Está aqui a raiz para um tipo de risco que é impróprio. Impróprio no sentido de que ele transfere para uma instância Outra a administração das tomadas de risco inerentes a processo formativo. No fundo o argumento final seria o de que o Estado garante a psicanálise, e os riscos formativos que ela implica são riscos minimizáveis pelas garantias que ela oferece.

“A formação do analista e a transmissão da psicanálise tem a estrutura de um chiste”.

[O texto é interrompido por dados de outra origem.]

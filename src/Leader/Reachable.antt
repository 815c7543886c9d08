-- ===== src/Leader/Reachable.antt =====
-- All runs of the replicas of internal/infrastructure/leaderelection/leaderelection.go.
use talos_app.Prelude.{
  ℕ, ◌+◌, ◌≤◌, ◌<◌, ◌≡◌, ◌≢◌, refl, sym, ap, ◌∙◌, false, Option, none, some, ◌==◌, if◌then◌else◌,
  arith, Bool-cases, inl, inr, some-injective, ==_iff, ==_self,
}
use talos_app.Shared.{Time}
use talos_app.Leader.{Token, Redis, Link, is_leader, resign, Replicas, put, ask, step_down}
use talos_app.Leader.Exclusive.{
  never, is_leader-IsLease, is_leader-blocked, resign-none, resign-blocked,
}

module _ {R : Type 0} (server : Redis R) (ttl : Time) where
  -- The clock runs; a replica asks with a token that no replica holds; one resigns; one starts anew.
  pub data Reach (start : Replicas R) : Replicas R → Type 0 where
    begin : Reach start start
    wait :
        (s : Replicas R) (t : Time) → s.now ≤ t → Reach start s → Reach start (record s { now = t })
    asks :
        (s : Replicas R) (first second : Link) (i : ℕ) (tok : Token)
        → ((j : ℕ) (x : Token) → s.locks j ≡ some x → x ≢ tok)
        → Reach start s
        → Reach start (ask server ttl first second i tok s)
    resigns :
        (s : Replicas R) (link : Link) (i : ℕ)
        → Reach start s
        → Reach start (step_down server ttl link i s)
    restarts :
        (s : Replicas R) (i : ℕ)
        → Reach start s
        → Reach start (record s { locks = put i none s.locks; until = put i 0 s.until })

  -- The server has the token of a replica for as long as its lease holds good, and no two replicas have
  -- the same token.
  record IsSound (s : Replicas R) : Type 0 where
    kept :
        (i : ℕ) (x : Token)
        → s.locks i ≡ some x
        → (u : Time) → s.now ≤ u
        → u < s.until i
        → server.value u s.server ≡ some x
    apart : (i j : ℕ) (x : Token) → s.locks i ≡ some x → s.locks j ≡ some x → i ≡ j

  put-same : {A : Type 0} (i : ℕ) (a : A) (f : ℕ → A) → put i a f i ≡ a
  put-same i a f = rw (==_self i)

  wait-IsSound :
      (s : Replicas R) (t : Time) → s.now ≤ t → IsSound s → IsSound (record s { now = t })
  wait-IsSound s t le g = record {
    kept = λ i x q u a b. g.kept i x q u (omega arith) b;
    apart = g.apart;
  }

  -- One replica changes its lock and its lease, and the server moves only where no lease of another
  -- replica holds good.
  change-IsSound :
      (s : Replicas R) (i : ℕ) (lock : Option Token) (lease : Time) (r : R)
      → IsSound s
      → ((x : Token)
          → lock ≡ some x
          → (u : Time) → s.now ≤ u
          → u < lease
          → server.value u r ≡ some x)
      → ((j : ℕ) (x : Token) → (j == i) ≡ false → s.locks j ≡ some x → lock ≡ some x → ⊥)
      → ((j : ℕ) (x : Token)
          → (j == i) ≡ false
          → s.locks j ≡ some x
          → s.now < s.until j
          → r ≡ s.server)
      → IsSound (record s { server = r; locks = put i lock s.locks; until = put i lease s.until })
  change-IsSound s i lock lease r g own other still = record {
    kept = λ j x q u a b. elim (Bool-cases (j == i)) [
      | inl e ↦ own x (rw e at q) u a (rw e at b)
      | inr e ↦
          let q' : s.locks j ≡ some x = rw e at q in
          let b' : u < s.until j = rw e at b in
          ap (server.value u) (still j x e q' (omega arith)) ∙ g.kept j x q' u a b'
    ];
    apart = λ j k x p q. elim (Bool-cases (j == i)) [
      | inl e ↦ elim (Bool-cases (k == i)) [
        | inl f ↦ ground (arith, e, f)
        | inr f ↦ elim (other k x f (rw f at q) (rw e at p)) [ ]
      ]
      | inr e ↦ elim (Bool-cases (k == i)) [
        | inl f ↦ elim (other j x e (rw e at p) (rw f at q)) [ ]
        | inr f ↦ g.apart j k x (rw e at p) (rw f at q)
      ]
    ];
  }

  differ :
      (s : Replicas R) (i j : ℕ) (x : Token)
      → IsSound s
      → (j == i) ≡ false
      → s.locks j ≡ some x
      → (y : Token) → s.locks i ≡ some y
      → (x == y) ≡ false
  differ s i j x g e p y q = elim (Bool-cases (x == y)) [
    | inl m ↦
        let same : s.locks i ≡ some x = q ∙ ap some (sym ((==_iff x y).0 m)) in
        let at = g.apart j i x p same in ground (arith, at, e)
    | inr m ↦ m
  ]

  ask-IsSound :
      (s : Replicas R) (first second : Link) (i : ℕ) (tok : Token)
      → ((j : ℕ) (x : Token) → s.locks j ≡ some x → x ≢ tok)
      → IsSound s
      → IsSound (ask server ttl first second i tok s)
  unfolding ask
  ask-IsSound s first second i tok fresh g =
      let out = is_leader server ttl first second s.now tok (s.locks i) s.server in
      let l = is_leader-IsLease server ttl first second s.now tok (s.locks i) s.server in
      change-IsSound s i out.1 (if out.0 then s.now + ttl else 0) out.2 g
        (λ x q u a b. l.leased x q u a (rw (l.positive x q) at b))
        (λ j x e p q. elim (l.known x q) [
          | inl m ↦ (let at = g.apart j i x p m in ground (arith, at, e))
          | inr m ↦ fresh j x p m
        ])
        (λ j x e p b.
          is_leader-blocked server ttl first second s.now tok x (s.locks i) s.server
            (g.kept j x p s.now (omega arith) b) (differ s i j x g e p))

  step_down-IsSound :
      (s : Replicas R) (link : Link) (i : ℕ) → IsSound s → IsSound (step_down server ttl link i s)
  unfolding step_down
  step_down-IsSound s link i g =
      let out = resign server ttl link s.now (s.locks i) s.server in
      let gone = resign-none server ttl link s.now (s.locks i) s.server in
      change-IsSound s i out.0 0 out.1 g (λ x q u a b. elim (never x (sym gone ∙ q)) [ ])
        (λ j x e p q. never x (sym gone ∙ q))
        (λ j x e p b.
          resign-blocked server ttl link s.now x (s.locks i) s.server
            (g.kept j x p s.now (omega arith) b) (differ s i j x g e p))

  Reach-IsSound :
      (start s : Replicas R) → ((i : ℕ) → start.locks i ≡ none) → Reach start s → IsSound s
  Reach-IsSound start s z begin = record {
    kept = λ i x q u a b. elim (never x (sym (z i) ∙ q)) [ ];
    apart = λ i j x p q. elim (never x (sym (z i) ∙ p)) [ ];
  }
  Reach-IsSound start s z (wait s0 t le r) = wait-IsSound s0 t le (Reach-IsSound start s0 z r)
  Reach-IsSound start s z (asks s0 first second i tok fresh r) =
      ask-IsSound s0 first second i tok fresh (Reach-IsSound start s0 z r)
  Reach-IsSound start s z (resigns s0 link i r) =
      step_down-IsSound s0 link i (Reach-IsSound start s0 z r)
  Reach-IsSound start s z (restarts s0 i r) =
      change-IsSound s0 i none 0 s0.server (Reach-IsSound start s0 z r)
        (λ x q u a b. elim (never x q) [ ]) (λ j x e p q. never x q) (λ j x e p b. refl)

  -- From a start where no replica holds a lock, however the replicas ask, resign and start anew, however
  -- calls of the server fail, where every token is new: two replicas that hold a lock whose lease holds
  -- good at the present time are the same replica, and the server has its token.
  pub one_leader :
      (start s : Replicas R)
      → ((i : ℕ) → start.locks i ≡ none)
      → Reach start s
      → (i j : ℕ) (x y : Token) → s.locks i ≡ some x
      → s.now < s.until i
      → s.locks j ≡ some y
      → s.now < s.until j
      → (i ≡ j) × (server.value s.now s.server ≡ some x)
  one_leader start s z r i j x y p a q b =
      let g = Reach-IsSound start s z r in
      let at_i = g.kept i x p s.now (omega arith) a in
      let at_j = g.kept j y q s.now (omega arith) b in
      (g.apart i j x p (q ∙ ap some (some-injective y x (sym at_j ∙ at_i))), at_i)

O que garante que uma piada será de fato uma piada, ou seja, que ela produza efeitos como o riso ou o humor? Freud tinha algumas ideias a respeito. É necessário que aquele que conta e aquele que escuta pertençam “a mesma paróquia” (Sem.V – J.L.), mas o fato de que pertençam à mesma paróquia é condição necessária, porém não suficiente, aliás, quando estamos demais na mesma paróquia as piadas tendem a ser conhecidas, são velhas e perdem seu gosto. Logo, as boas piadas, de alguma forma vem de fora. Contar uma piada é sempre um risco, podemos nos dar mal, pior do que passar desapercebido é tentar agradar e não conseguir. Há um risco, que tem que ver diretamente com a forma como quem conta pretende extrair um “fragmento de gozo” que só retorna ao sujeito na medida em que ele se desfaz e “passa a diante” uma primeira experiência, na qual ele mesmo foi ouvinte. É quando passamos a piada adiante que realmente nos apropriamos dela. Mas nada menos propício ao efeito de chiste do que alguém nos incitando ou obrigando a contar piadas. 

Como muito bem esclarecido por Dunker toda a contenda inerente à formação psicanalítica, na própria história do movimento, resta-nos diante do colocado, estarmos sempre esclarecidos daquilo que nos concerne quanto à nossa formação, mas também de como a passaremos adiante. Não há um ponto a ser capturado sobre a formação analítica, mas vários, e a história da psicanálise não pode ser recalcada, pois desta forma, acabaríamos andando em círculos; o que obviamente nos colocaria na repetição sintomática, não oportunizando a continuidade da psicanálise, não oportunizando as experiências que nos conduziriam às elaborações necessárias para que nossa verdade fosse colocada em questão.

 

 

Bibliografia

 

ALBERTI, Sonia. AMENDOEIRA, Wilson. LANNES, Edson. LOPES, Anchyses. ROCHA, Eduardo. (Orgs.) – OFÍCIO DO PSICANALISTA - Formação vs. Regulamentação. Casa do Psicólogo, São Paulo, 2009.

DUNKER, C.I.L – Riscos Próprios e Riscos Impróprios da Formação Psicanalítica. Intervenção no Fórum do Campo Lacaniano, São Paulo, 2007.

LACAN, Jacques. O Seminário, as formações inconscientes. Livro 5. Zahar, RJ, 1999.

QUINET, Antonio. A estranheza da psicanálise, a escola de Lacan e seus analistas. Zahar, RJ, 2009.